● Goal of the exercise: Below are records; report the number of lines among them that include the word "updates", and nothing further.

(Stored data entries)
·····
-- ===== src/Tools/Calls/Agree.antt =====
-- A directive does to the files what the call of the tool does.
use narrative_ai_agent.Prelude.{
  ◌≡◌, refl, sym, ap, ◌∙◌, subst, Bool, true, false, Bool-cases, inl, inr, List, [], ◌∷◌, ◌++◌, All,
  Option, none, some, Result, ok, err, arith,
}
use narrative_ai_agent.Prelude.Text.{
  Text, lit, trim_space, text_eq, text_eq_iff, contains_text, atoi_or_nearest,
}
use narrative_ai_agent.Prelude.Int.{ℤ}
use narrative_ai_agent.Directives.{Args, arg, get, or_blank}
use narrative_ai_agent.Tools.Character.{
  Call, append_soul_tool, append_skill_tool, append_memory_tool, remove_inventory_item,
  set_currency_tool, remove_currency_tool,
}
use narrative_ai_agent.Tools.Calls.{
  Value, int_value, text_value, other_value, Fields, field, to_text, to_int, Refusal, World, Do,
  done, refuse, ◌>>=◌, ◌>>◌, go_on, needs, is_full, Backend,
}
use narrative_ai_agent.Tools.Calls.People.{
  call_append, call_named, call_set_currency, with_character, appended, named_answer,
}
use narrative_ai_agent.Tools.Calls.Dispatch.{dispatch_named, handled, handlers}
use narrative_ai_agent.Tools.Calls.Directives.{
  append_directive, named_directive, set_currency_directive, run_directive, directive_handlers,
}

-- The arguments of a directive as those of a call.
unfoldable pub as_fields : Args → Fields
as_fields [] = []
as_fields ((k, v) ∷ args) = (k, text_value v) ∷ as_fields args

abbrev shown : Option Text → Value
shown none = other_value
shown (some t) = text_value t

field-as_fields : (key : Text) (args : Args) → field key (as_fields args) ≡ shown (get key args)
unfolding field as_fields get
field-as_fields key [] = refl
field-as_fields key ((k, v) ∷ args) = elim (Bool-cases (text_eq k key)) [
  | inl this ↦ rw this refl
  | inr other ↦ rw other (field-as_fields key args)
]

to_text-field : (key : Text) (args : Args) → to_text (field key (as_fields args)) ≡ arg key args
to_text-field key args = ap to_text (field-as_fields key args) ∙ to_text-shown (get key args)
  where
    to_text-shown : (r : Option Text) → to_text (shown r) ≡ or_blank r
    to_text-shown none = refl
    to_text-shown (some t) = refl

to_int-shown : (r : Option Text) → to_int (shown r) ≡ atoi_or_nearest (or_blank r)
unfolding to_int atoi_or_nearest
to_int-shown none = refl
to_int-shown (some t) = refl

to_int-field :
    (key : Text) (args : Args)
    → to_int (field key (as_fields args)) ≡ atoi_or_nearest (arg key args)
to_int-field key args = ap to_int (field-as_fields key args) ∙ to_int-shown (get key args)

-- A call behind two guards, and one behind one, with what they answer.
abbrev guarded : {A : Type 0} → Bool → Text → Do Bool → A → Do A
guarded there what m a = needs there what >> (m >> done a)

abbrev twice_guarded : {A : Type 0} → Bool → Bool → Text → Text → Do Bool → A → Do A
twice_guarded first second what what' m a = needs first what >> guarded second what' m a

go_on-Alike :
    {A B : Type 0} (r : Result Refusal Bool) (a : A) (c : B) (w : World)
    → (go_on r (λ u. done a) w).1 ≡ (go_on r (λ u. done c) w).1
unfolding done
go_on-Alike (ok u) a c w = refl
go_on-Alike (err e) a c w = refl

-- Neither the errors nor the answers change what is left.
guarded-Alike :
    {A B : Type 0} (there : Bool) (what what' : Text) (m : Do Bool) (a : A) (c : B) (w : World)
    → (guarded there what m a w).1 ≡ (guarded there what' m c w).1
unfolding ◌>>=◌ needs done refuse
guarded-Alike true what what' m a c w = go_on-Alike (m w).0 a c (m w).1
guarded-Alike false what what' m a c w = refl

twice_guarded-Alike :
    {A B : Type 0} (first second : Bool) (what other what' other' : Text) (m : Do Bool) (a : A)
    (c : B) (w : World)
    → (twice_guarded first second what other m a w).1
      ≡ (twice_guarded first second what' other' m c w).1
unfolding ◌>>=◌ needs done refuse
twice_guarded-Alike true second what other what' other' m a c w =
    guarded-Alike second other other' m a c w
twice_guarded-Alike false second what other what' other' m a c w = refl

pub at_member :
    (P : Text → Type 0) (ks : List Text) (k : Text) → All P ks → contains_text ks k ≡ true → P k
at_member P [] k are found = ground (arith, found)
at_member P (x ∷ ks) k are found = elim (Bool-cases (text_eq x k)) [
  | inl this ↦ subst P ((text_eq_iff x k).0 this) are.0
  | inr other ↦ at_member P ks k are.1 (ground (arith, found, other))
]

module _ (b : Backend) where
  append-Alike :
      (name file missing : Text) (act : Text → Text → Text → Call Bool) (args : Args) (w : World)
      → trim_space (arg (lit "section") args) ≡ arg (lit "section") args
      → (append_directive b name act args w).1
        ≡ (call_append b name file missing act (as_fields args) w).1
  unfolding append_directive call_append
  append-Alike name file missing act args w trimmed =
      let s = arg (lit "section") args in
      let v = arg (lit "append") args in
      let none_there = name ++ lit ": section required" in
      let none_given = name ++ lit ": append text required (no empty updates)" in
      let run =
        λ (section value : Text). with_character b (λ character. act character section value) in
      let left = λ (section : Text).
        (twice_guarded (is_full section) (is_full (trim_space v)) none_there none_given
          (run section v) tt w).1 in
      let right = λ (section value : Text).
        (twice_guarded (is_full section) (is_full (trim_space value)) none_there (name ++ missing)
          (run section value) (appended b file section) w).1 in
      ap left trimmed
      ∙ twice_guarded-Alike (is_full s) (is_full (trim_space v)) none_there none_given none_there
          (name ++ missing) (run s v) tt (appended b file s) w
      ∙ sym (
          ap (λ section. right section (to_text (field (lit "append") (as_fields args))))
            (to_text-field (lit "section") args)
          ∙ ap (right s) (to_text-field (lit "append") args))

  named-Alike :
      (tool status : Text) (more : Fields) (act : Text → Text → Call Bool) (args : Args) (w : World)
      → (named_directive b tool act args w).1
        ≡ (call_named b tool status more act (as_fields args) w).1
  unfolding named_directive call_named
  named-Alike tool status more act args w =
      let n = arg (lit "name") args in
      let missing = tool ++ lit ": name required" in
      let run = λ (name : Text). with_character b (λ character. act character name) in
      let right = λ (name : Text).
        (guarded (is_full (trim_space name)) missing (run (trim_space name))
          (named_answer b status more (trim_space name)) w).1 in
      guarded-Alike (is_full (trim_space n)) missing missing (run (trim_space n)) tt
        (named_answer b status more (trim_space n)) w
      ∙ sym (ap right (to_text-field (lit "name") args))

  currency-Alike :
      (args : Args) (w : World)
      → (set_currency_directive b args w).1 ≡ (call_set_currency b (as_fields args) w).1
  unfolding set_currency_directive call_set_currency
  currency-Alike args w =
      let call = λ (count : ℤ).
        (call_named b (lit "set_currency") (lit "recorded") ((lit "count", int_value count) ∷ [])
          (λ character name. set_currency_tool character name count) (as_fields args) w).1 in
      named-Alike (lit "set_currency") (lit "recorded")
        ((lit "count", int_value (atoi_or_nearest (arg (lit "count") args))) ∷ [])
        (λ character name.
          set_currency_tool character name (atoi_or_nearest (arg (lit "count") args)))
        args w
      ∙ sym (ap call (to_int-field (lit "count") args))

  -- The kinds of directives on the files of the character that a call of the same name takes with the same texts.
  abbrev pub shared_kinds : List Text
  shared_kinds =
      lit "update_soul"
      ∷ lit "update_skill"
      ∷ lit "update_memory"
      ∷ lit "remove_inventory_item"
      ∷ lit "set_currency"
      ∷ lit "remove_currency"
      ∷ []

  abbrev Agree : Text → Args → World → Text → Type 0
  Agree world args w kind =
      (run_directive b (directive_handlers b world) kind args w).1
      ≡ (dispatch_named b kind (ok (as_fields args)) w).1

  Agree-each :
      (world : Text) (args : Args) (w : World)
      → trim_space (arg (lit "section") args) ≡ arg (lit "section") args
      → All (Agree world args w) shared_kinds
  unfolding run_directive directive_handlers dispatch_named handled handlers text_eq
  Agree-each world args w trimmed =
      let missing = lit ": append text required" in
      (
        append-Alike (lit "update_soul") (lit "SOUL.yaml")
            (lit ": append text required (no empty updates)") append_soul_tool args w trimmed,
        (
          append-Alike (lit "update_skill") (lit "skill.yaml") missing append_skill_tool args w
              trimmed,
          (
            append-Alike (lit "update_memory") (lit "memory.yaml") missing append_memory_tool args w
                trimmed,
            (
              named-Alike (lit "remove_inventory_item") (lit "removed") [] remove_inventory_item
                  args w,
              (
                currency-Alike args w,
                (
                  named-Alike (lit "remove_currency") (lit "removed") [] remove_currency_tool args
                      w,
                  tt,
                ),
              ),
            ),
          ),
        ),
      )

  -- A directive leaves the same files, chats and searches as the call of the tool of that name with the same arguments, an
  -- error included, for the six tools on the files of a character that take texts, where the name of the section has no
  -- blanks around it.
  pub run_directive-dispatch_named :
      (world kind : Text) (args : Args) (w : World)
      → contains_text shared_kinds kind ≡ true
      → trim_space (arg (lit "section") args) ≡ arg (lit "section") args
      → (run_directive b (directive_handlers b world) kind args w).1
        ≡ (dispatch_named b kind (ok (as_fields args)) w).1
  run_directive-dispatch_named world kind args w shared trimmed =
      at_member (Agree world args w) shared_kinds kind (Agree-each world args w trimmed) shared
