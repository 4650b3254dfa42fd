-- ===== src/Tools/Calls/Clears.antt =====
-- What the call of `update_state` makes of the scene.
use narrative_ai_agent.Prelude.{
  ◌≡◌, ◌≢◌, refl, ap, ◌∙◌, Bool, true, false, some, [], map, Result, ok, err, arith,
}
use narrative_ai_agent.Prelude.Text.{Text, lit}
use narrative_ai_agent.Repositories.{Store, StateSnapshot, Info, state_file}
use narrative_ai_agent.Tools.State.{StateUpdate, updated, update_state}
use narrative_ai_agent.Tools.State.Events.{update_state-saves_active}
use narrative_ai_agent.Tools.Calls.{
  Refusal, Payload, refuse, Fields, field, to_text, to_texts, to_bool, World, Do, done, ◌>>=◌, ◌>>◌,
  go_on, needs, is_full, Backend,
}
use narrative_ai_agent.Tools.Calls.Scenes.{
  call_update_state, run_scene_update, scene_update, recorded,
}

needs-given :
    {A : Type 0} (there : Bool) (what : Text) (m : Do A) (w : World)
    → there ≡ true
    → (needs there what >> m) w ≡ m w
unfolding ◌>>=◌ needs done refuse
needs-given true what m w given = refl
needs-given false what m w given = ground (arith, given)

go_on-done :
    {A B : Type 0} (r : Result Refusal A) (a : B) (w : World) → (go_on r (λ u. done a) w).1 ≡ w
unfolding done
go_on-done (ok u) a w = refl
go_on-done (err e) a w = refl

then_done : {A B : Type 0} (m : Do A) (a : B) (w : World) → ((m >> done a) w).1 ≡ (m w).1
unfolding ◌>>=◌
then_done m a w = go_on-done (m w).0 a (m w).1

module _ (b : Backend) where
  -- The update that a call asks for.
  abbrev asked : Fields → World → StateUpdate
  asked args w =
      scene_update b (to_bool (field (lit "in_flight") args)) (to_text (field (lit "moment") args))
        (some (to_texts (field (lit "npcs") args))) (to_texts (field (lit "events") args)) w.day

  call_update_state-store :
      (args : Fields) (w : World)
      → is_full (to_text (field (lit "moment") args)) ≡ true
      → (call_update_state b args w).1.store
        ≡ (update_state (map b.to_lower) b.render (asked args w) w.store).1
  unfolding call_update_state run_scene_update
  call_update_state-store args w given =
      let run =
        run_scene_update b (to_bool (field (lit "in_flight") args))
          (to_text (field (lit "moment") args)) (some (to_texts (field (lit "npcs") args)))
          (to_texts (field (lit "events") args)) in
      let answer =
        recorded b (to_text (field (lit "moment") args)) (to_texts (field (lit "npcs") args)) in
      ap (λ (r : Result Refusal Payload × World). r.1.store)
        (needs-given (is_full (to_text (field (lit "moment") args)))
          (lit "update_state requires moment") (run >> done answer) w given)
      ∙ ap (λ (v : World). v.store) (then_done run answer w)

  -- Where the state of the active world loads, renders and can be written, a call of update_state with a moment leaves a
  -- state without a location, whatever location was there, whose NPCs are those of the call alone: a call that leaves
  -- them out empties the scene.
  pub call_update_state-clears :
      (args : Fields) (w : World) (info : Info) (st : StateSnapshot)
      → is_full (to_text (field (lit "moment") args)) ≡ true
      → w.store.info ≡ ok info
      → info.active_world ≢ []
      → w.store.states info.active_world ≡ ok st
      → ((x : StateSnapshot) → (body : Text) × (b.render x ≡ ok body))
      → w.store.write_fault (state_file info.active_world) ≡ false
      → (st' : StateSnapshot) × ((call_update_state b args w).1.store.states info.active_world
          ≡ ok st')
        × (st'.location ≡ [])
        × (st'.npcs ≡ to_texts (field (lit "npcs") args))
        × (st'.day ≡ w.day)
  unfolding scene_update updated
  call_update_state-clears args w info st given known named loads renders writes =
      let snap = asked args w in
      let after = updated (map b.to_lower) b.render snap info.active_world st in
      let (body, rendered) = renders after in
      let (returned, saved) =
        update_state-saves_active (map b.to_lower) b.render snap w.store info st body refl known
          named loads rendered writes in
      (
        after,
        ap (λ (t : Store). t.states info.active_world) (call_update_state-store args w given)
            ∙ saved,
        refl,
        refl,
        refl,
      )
·····
● Solved problem: 2